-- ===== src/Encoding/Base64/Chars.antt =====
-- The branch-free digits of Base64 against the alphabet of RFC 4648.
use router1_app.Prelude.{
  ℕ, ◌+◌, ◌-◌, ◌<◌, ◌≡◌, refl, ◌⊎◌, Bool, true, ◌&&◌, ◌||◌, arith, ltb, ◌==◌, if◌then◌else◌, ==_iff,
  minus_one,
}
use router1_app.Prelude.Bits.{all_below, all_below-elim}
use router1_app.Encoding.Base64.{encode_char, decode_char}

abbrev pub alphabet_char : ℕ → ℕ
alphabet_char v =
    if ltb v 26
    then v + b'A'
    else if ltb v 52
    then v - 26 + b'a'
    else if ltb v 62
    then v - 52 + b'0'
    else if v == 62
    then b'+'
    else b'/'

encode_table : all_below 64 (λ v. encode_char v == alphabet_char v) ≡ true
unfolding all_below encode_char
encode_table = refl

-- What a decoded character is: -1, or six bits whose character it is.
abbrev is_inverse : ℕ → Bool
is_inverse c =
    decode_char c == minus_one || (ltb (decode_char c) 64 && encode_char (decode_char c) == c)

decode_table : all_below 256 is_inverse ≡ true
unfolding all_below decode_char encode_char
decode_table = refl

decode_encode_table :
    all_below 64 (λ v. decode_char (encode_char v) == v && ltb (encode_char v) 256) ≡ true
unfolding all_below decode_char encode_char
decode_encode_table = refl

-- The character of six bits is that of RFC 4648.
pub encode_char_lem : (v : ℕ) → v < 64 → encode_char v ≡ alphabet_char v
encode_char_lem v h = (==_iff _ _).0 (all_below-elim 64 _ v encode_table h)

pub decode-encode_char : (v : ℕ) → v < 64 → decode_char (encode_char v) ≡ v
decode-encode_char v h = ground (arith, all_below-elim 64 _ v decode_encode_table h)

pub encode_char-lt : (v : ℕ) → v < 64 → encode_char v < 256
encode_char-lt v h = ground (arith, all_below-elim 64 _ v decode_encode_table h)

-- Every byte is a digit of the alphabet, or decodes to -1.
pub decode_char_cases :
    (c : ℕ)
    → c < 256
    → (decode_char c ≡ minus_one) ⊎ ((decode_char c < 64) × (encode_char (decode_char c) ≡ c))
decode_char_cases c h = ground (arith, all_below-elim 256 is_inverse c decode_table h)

──────

Reproduce every entry above. Make each line identical to the original.

## Answer box
-- ===== src/Encoding/Base64/Chars.antt =====
-- The branch-free digits of Base64 against the alphabet of RFC 4648.
use router1_app.Prelude.{
  ℕ, ◌+◌, ◌-◌, ◌<◌, ◌≡◌, refl, ◌⊎◌, Bool, true, ◌&&◌, ◌||◌, arith, ltb, ◌==◌, if◌then◌else◌, ==_iff,
  minus_one,
}
use router1_app.Prelude.Bits.{all_below, all_below-elim}
use router1_app.Encoding.Base64.{encode_char, decode_char}

abbrev pub alphabet_char : ℕ → ℕ
alphabet_char v =
    if ltb v 26
    then v + b'A'
    else if ltb v 52
    then v - 26 + b'a'
    else if ltb v 62
    then v - 52 + b'0'
    else if v == 62
    then b'+'
    else b'/'

encode_table : all_below 64 (λ v. encode_char v == alphabet_char v) ≡ true
unfolding all_below encode_char
encode_table = refl

-- What a decoded character is: -1, or six bits whose character it is.
abbrev is_inverse : ℕ → Bool
is_inverse c =
    decode_char c == minus_one || (ltb (decode_char c) 64 && encode_char (decode_char c) == c)

decode_table : all_below 256 is_inverse ≡ true
unfolding all_below decode_char encode_char
decode_table = refl

decode_encode_table :
    all_below 64 (λ v. decode_char (encode_char v) == v && ltb (encode_char v) 256) ≡ true
unfolding all_below decode_char encode_char
decode_encode_table = refl

-- The character of six bits is that of RFC 4648.
pub encode_char_lem : (v : ℕ) → v < 64 → encode_char v ≡ alphabet_char v
encode_char_lem v h = (==_iff _ _).0 (all_below-elim 64 _ v encode_table h)

pub decode-encode_char : (v : ℕ) → v < 64 → decode_char (encode_char v) ≡ v
decode-encode_char v h = ground (arith, all_below-elim 64 _ v decode_encode_table h)

pub encode_char-lt : (v : ℕ) → v < 64 → encode_char v < 256
encode_char-lt v h = ground (arith, all_below-elim 64 _ v decode_encode_table h)

-- Every byte is a digit of the alphabet, or decodes to -1.
pub decode_char_cases :
    (c : ℕ)
    → c < 256
    → (decode_char c ≡ minus_one) ⊎ ((decode_char c < 64) × (encode_char (decode_char c) ≡ c))
decode_char_cases c h = ground (arith, all_below-elim 256 is_inverse c decode_table h)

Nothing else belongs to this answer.